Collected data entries
──────
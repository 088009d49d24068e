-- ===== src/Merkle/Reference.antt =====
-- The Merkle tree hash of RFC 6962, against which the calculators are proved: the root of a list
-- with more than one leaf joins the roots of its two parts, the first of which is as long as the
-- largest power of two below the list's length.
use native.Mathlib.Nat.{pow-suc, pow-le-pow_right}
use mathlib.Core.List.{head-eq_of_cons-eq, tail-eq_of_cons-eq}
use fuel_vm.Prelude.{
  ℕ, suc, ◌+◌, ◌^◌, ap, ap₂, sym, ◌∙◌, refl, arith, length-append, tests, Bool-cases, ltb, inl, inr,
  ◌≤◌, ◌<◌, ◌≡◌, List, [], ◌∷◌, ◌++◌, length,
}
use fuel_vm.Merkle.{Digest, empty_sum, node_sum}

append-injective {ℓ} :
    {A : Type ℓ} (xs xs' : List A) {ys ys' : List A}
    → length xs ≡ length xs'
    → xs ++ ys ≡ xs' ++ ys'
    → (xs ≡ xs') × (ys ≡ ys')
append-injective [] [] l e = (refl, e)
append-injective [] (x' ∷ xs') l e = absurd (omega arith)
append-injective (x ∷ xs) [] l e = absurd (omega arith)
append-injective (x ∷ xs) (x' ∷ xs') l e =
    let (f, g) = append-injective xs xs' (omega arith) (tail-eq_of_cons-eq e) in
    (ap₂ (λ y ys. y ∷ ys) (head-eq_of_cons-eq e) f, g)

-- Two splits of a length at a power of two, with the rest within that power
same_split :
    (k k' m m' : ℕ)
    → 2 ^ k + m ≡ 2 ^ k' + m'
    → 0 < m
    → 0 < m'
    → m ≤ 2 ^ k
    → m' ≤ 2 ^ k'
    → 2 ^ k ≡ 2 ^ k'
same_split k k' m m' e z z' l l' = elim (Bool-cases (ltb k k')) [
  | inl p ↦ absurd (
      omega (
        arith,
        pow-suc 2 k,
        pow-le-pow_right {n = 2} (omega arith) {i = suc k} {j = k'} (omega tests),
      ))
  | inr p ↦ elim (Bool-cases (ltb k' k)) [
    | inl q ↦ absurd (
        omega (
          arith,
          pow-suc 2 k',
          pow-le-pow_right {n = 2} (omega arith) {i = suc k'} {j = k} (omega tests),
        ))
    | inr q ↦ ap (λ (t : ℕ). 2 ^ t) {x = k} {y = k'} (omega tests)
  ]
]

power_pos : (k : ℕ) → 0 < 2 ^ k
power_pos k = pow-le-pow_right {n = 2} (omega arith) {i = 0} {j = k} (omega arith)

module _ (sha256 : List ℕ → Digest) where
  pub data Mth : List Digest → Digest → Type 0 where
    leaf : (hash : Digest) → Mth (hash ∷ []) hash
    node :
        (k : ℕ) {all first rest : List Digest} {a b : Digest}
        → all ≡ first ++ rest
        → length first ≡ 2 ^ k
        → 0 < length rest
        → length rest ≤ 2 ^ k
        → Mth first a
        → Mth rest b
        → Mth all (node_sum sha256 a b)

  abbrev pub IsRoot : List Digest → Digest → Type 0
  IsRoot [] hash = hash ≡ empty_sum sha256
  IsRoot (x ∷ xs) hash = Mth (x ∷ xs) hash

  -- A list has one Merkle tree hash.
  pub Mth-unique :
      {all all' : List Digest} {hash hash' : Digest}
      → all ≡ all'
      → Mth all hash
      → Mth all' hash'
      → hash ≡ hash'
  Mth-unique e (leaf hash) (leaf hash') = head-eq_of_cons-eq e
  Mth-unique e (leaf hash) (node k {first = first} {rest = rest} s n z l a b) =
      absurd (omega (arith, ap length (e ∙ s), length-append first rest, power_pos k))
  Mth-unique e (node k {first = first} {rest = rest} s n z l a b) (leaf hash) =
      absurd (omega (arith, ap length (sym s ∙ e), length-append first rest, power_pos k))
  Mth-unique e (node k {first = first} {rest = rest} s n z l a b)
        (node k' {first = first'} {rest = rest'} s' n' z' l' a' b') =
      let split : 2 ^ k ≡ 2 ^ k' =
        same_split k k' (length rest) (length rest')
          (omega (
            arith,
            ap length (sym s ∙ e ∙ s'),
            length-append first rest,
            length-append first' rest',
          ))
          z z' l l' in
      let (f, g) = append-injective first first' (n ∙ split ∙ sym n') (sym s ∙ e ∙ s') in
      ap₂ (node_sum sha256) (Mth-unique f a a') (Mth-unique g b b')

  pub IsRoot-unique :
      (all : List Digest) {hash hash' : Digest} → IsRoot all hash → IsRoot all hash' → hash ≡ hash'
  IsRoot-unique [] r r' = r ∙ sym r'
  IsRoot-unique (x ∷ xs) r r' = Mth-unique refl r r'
──────
> What you are asked to do: Reproduce the data above in full, keeping it exactly the same.

> Exercise response:
repository 088009d49d24068e
-- ===== src/Merkle/Reference.antt =====
-- The Merkle tree hash of RFC 6962, against which the calculators are proved: the root of a list
-- with more than one leaf joins the roots of its two parts, the first of which is as long as the
-- largest power of two below the list's length.
use native.Mathlib.Nat.{pow-suc, pow-le-pow_right}
use mathlib.Core.List.{head-eq_of_cons-eq, tail-eq_of_cons-eq}
use fuel_vm.Prelude.{
  ℕ, suc, ◌+◌, ◌^◌, ap, ap₂, sym, ◌∙◌, refl, arith, length-append, tests, Bool-cases, ltb, inl, inr,
  ◌≤◌, ◌<◌, ◌≡◌, List, [], ◌∷◌, ◌++◌, length,
}
use fuel_vm.Merkle.{Digest, empty_sum, node_sum}

append-injective {ℓ} :
    {A : Type ℓ} (xs xs' : List A) {ys ys' : List A}
    → length xs ≡ length xs'
    → xs ++ ys ≡ xs' ++ ys'
    → (xs ≡ xs') × (ys ≡ ys')
append-injective [] [] l e = (refl, e)
append-injective [] (x' ∷ xs') l e = absurd (omega arith)
append-injective (x ∷ xs) [] l e = absurd (omega arith)
append-injective (x ∷ xs) (x' ∷ xs') l e =
    let (f, g) = append-injective xs xs' (omega arith) (tail-eq_of_cons-eq e) in
    (ap₂ (λ y ys. y ∷ ys) (head-eq_of_cons-eq e) f, g)

-- Two splits of a length at a power of two, with the rest within that power
same_split :
    (k k' m m' : ℕ)
    → 2 ^ k + m ≡ 2 ^ k' + m'
    → 0 < m
    → 0 < m'
    → m ≤ 2 ^ k
    → m' ≤ 2 ^ k'
    → 2 ^ k ≡ 2 ^ k'
same_split k k' m m' e z z' l l' = elim (Bool-cases (ltb k k')) [
  | inl p ↦ absurd (
      omega (
        arith,
        pow-suc 2 k,
        pow-le-pow_right {n = 2} (omega arith) {i = suc k} {j = k'} (omega tests),
      ))
  | inr p ↦ elim (Bool-cases (ltb k' k)) [
    | inl q ↦ absurd (
        omega (
          arith,
          pow-suc 2 k',
          pow-le-pow_right {n = 2} (omega arith) {i = suc k'} {j = k} (omega tests),
        ))
    | inr q ↦ ap (λ (t : ℕ). 2 ^ t) {x = k} {y = k'} (omega tests)
  ]
]

power_pos : (k : ℕ) → 0 < 2 ^ k
power_pos k = pow-le-pow_right {n = 2} (omega arith) {i = 0} {j = k} (omega arith)

module _ (sha256 : List ℕ → Digest) where
  pub data Mth : List Digest → Digest → Type 0 where
    leaf : (hash : Digest) → Mth (hash ∷ []) hash
    node :
        (k : ℕ) {all first rest : List Digest} {a b : Digest}
        → all ≡ first ++ rest
        → length first ≡ 2 ^ k
        → 0 < length rest
        → length rest ≤ 2 ^ k
        → Mth first a
        → Mth rest b
        → Mth all (node_sum sha256 a b)

  abbrev pub IsRoot : List Digest → Digest → Type 0
  IsRoot [] hash = hash ≡ empty_sum sha256
  IsRoot (x ∷ xs) hash = Mth (x ∷ xs) hash

  -- A list has one Merkle tree hash.
  pub Mth-unique :
      {all all' : List Digest} {hash hash' : Digest}
      → all ≡ all'
      → Mth all hash
      → Mth all' hash'
      → hash ≡ hash'
  Mth-unique e (leaf hash) (leaf hash') = head-eq_of_cons-eq e
  Mth-unique e (leaf hash) (node k {first = first} {rest = rest} s n z l a b) =
      absurd (omega (arith, ap length (e ∙ s), length-append first rest, power_pos k))
  Mth-unique e (node k {first = first} {rest = rest} s n z l a b) (leaf hash) =
      absurd (omega (arith, ap length (sym s ∙ e), length-append first rest, power_pos k))
  Mth-unique e (node k {first = first} {rest = rest} s n z l a b)
        (node k' {first = first'} {rest = rest'} s' n' z' l' a' b') =
      let split : 2 ^ k ≡ 2 ^ k' =
        same_split k k' (length rest) (length rest')
          (omega (
            arith,
            ap length (sym s ∙ e ∙ s'),
            length-append first rest,
            length-append first' rest',
          ))
          z z' l l' in
      let (f, g) = append-injective first first' (n ∙ split ∙ sym n') (sym s ∙ e ∙ s') in
      ap₂ (node_sum sha256) (Mth-unique f a a') (Mth-unique g b b')

  pub IsRoot-unique :
      (all : List Digest) {hash hash' : Digest} → IsRoot all hash → IsRoot all hash' → hash ≡ hash'
  IsRoot-unique [] r r' = r ∙ sym r'
  IsRoot-unique (x ∷ xs) r r' = Mth-unique refl r r'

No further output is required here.